■ **Data shown**

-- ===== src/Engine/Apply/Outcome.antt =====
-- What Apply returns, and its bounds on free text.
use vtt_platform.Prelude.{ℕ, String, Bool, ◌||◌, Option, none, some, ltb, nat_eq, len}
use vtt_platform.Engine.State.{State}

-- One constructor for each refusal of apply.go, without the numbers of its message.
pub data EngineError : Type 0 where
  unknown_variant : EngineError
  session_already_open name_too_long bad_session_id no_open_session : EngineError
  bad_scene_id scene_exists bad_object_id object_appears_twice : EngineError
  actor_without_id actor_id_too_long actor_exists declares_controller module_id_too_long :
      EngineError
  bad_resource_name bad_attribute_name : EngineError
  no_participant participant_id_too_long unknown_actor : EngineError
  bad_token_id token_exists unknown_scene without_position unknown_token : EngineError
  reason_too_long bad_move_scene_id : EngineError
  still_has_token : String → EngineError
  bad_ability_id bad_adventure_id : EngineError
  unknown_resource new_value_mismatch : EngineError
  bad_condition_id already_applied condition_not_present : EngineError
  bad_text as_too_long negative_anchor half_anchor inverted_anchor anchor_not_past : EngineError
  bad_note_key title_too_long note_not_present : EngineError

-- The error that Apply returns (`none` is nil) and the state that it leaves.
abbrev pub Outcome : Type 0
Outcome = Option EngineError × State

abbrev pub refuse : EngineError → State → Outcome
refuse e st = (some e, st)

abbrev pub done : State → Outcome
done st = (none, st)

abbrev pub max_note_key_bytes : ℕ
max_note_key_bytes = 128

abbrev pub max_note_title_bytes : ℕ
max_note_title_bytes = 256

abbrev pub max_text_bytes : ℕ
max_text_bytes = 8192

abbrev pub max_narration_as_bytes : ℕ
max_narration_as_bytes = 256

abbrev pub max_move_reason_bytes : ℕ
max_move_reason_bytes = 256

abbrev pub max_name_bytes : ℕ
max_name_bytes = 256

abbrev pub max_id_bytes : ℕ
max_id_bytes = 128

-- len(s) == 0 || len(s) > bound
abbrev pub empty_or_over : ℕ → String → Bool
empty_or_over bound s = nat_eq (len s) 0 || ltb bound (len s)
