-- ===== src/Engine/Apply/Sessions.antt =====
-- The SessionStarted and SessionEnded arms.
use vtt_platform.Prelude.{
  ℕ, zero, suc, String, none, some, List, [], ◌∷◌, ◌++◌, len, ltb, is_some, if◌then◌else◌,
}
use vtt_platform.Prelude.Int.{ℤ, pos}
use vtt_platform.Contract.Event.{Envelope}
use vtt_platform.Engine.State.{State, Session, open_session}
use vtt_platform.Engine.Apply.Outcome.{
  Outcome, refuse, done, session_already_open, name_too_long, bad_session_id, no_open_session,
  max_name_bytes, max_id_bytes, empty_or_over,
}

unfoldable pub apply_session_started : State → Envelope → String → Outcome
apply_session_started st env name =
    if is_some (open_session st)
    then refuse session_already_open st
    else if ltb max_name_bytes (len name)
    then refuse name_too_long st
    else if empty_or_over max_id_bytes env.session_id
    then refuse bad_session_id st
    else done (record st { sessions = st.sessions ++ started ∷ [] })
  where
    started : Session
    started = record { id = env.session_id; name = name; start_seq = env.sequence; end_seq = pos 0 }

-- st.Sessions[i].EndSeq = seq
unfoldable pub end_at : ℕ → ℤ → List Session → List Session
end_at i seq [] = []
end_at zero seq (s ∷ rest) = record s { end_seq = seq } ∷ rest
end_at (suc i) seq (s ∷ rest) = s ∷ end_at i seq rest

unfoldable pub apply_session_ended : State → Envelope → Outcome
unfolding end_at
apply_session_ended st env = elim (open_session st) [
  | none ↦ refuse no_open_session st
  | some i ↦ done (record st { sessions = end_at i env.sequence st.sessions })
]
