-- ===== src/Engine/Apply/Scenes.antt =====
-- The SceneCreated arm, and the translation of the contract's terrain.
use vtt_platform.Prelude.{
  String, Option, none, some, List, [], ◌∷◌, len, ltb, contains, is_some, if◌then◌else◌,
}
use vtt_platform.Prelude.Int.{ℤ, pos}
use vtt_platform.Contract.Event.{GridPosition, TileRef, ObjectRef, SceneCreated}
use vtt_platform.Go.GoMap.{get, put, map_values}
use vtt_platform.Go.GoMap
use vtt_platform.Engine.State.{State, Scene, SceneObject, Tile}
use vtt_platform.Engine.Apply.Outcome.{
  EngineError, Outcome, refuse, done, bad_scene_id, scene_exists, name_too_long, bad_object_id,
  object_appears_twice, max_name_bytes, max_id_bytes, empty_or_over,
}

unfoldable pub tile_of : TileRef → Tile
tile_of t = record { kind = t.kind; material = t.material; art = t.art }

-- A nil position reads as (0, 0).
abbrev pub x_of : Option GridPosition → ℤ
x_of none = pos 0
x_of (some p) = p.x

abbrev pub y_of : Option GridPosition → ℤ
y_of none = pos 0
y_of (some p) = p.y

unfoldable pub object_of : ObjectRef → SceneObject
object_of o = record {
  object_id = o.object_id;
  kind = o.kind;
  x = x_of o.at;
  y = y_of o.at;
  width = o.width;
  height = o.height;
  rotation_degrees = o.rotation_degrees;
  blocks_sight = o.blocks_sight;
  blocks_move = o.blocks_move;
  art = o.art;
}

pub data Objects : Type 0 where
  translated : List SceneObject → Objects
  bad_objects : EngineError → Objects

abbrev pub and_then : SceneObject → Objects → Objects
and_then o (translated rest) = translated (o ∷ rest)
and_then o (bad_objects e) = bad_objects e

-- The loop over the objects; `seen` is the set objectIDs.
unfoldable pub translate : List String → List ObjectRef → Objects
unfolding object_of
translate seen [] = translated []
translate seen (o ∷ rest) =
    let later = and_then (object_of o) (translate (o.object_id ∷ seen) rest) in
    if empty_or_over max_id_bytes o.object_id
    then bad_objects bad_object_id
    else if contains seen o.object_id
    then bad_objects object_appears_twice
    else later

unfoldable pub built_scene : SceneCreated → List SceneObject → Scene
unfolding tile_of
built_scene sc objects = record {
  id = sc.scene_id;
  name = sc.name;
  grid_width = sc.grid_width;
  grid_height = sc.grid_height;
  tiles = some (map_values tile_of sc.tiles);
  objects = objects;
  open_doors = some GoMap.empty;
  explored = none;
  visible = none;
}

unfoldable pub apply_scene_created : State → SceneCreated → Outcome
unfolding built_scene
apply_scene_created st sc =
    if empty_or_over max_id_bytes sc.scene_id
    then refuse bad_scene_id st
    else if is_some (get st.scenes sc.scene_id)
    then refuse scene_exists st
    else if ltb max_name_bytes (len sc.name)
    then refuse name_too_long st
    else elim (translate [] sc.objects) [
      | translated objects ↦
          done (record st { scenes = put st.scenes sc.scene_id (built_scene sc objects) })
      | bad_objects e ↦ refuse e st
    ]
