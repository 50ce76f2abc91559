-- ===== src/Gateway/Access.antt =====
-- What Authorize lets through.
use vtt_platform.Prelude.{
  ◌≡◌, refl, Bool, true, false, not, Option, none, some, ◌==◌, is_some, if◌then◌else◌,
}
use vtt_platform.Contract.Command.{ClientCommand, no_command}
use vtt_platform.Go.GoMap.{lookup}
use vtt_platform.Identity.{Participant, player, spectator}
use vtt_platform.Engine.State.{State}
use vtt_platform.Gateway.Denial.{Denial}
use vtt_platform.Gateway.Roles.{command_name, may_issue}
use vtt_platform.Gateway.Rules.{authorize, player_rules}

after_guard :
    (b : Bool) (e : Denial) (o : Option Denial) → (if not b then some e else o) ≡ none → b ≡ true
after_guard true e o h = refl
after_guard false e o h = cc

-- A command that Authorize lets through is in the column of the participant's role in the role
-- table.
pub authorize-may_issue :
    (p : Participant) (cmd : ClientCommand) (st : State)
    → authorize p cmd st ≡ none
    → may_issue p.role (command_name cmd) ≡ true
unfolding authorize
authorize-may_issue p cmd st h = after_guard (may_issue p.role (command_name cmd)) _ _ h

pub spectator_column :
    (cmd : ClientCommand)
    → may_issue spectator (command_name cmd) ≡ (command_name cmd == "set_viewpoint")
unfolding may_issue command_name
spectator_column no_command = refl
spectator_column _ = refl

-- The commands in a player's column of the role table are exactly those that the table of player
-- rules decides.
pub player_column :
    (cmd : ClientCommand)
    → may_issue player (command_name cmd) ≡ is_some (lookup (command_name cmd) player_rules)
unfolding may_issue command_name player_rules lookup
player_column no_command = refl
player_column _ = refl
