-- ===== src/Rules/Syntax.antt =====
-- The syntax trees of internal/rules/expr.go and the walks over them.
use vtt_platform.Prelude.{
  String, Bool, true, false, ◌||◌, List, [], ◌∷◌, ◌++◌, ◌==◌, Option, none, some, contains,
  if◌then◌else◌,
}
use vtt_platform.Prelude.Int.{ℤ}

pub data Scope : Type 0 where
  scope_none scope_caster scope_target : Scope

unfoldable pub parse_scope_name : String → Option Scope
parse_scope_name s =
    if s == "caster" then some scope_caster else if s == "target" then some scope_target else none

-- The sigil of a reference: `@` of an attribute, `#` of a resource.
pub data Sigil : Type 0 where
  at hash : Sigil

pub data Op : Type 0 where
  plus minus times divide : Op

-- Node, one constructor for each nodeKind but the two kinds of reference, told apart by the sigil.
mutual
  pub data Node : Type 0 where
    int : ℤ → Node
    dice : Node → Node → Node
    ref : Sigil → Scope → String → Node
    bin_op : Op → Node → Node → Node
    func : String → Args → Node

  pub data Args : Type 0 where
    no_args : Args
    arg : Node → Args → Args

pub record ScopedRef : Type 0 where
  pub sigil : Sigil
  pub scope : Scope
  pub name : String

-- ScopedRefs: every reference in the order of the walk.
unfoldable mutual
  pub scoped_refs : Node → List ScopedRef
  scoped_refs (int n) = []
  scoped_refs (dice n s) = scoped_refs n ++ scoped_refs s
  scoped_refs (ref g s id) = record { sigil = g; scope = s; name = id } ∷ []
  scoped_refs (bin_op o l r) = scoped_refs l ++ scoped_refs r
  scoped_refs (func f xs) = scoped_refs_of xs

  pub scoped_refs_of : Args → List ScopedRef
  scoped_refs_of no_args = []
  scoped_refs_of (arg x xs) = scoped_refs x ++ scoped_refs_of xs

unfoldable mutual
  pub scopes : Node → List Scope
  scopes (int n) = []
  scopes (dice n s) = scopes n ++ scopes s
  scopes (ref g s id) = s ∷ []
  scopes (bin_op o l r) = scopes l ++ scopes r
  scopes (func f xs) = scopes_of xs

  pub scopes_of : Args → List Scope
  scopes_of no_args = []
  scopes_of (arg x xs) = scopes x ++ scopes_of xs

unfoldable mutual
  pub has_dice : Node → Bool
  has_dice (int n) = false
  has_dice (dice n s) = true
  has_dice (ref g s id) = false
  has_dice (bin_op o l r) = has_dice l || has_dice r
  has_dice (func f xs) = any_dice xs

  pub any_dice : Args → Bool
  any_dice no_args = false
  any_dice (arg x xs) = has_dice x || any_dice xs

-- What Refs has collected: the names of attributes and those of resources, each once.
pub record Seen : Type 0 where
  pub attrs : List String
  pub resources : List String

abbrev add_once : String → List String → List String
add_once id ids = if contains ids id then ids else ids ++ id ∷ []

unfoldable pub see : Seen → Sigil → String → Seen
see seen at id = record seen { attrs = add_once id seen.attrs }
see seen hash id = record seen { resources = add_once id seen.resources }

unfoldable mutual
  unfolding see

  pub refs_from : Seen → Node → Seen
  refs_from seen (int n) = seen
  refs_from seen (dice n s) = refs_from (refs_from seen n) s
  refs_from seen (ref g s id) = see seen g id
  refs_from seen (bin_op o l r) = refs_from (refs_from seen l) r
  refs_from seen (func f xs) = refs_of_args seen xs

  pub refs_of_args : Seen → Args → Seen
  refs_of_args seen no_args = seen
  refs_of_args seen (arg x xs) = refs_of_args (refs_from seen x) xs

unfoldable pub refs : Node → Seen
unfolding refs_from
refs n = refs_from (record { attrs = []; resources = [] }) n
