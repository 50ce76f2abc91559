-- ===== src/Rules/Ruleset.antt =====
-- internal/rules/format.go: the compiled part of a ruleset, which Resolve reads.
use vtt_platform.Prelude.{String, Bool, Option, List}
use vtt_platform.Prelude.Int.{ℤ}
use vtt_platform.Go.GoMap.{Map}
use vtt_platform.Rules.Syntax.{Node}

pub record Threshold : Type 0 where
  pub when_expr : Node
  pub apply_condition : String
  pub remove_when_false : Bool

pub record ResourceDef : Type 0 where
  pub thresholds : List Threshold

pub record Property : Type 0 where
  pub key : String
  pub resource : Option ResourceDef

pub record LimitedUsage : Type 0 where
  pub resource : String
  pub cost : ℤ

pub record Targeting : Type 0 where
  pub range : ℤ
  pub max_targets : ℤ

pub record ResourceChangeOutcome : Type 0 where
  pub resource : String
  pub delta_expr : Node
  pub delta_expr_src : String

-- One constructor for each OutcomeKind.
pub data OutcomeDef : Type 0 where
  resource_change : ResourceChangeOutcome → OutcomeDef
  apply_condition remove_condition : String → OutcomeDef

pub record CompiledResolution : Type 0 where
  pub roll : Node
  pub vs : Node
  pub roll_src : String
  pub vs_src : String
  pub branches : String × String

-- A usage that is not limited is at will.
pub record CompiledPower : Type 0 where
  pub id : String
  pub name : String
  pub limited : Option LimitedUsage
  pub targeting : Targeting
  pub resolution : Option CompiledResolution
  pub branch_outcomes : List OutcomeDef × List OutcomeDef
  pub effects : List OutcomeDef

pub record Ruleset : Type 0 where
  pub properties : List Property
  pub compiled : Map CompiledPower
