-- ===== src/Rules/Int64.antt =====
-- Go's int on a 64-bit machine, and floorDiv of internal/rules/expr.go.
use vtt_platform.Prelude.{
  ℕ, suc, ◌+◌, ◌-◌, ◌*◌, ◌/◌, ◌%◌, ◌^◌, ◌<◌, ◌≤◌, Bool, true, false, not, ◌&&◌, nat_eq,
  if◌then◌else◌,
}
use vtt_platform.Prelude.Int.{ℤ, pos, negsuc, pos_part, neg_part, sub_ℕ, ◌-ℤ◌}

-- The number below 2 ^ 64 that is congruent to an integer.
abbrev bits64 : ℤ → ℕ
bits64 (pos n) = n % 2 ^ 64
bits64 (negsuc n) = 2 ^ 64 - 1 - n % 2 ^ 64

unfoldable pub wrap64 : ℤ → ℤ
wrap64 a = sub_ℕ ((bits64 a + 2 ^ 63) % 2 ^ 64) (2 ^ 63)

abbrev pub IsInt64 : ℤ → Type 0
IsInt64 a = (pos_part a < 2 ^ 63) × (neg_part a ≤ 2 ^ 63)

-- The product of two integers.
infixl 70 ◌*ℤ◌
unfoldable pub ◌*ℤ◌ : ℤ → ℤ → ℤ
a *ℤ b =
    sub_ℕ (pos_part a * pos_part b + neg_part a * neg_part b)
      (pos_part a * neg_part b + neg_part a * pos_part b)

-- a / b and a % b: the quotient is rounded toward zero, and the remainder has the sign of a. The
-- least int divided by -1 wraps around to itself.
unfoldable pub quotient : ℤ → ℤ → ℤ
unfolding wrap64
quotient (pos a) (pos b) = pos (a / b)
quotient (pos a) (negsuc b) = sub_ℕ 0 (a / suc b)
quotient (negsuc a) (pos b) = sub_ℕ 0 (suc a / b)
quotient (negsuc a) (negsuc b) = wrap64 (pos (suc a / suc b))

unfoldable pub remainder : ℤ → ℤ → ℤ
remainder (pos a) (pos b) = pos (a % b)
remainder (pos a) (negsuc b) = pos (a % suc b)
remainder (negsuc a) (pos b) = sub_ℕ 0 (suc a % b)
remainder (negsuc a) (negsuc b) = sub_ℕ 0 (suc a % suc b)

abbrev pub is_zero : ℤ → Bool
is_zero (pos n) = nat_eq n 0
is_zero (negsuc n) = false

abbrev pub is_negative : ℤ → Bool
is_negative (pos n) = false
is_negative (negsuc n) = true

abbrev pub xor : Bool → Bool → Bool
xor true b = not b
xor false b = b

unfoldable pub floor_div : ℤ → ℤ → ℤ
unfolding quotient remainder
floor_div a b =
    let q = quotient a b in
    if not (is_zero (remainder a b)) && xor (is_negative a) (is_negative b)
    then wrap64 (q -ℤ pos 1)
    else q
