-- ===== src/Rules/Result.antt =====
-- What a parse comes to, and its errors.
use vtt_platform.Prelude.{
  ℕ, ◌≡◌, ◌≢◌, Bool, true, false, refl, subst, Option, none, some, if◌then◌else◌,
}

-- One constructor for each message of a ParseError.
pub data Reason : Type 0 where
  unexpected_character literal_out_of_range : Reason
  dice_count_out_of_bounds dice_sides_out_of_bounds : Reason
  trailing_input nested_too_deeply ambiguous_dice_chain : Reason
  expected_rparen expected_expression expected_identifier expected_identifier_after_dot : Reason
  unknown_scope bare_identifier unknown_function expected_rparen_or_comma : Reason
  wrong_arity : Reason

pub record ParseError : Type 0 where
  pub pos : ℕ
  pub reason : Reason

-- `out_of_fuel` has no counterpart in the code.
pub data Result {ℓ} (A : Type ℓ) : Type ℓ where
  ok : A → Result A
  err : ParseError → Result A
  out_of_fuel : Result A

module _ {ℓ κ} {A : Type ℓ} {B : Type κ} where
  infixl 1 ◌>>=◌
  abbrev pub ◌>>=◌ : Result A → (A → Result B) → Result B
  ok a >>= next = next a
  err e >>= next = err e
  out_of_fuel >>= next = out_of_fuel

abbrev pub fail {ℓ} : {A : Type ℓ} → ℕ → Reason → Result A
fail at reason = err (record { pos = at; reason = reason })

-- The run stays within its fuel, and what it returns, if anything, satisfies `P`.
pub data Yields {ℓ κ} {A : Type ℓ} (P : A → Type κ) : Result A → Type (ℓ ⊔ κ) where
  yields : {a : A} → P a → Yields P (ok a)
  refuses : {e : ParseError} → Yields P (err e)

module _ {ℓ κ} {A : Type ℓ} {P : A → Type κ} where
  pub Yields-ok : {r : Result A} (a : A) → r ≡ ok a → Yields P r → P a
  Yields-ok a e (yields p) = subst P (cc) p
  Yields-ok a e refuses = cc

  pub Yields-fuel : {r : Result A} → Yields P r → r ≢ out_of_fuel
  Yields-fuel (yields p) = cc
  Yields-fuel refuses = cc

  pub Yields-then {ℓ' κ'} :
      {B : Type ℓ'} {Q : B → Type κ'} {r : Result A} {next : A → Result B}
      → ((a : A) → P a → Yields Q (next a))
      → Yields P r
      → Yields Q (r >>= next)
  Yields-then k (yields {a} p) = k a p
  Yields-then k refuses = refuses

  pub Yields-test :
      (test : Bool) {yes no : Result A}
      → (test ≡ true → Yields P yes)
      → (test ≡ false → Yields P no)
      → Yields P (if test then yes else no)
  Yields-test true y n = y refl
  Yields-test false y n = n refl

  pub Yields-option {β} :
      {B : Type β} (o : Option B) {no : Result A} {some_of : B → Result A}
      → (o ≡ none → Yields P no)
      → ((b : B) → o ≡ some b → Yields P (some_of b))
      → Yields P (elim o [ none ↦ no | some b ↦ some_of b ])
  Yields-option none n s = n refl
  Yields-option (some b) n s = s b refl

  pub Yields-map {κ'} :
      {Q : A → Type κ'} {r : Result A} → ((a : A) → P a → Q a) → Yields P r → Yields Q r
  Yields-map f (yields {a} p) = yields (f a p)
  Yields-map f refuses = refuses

■ **What you have to do**
Retype the listing from its first line onward, stopping after the line that contains "bad_resource_name bad_attribute_name : EngineError" has been retyped in full.

■ **Your solution**
-- ===== src/Engine/Apply/Outcome.antt =====
-- What Apply returns, and its bounds on free text.
use vtt_platform.Prelude.{ℕ, String, Bool, ◌||◌, Option, none, some, ltb, nat_eq, len}
use vtt_platform.Engine.State.{State}

-- One constructor for each refusal of apply.go, without the numbers of its message.
pub data EngineError : Type 0 where
  unknown_variant : EngineError
  session_already_open name_too_long bad_session_id no_open_session : EngineError
  bad_scene_id scene_exists bad_object_id object_appears_twice : EngineError
  actor_without_id actor_id_too_long actor_exists declares_controller module_id_too_long :
      EngineError
  bad_resource_name bad_attribute_name : EngineError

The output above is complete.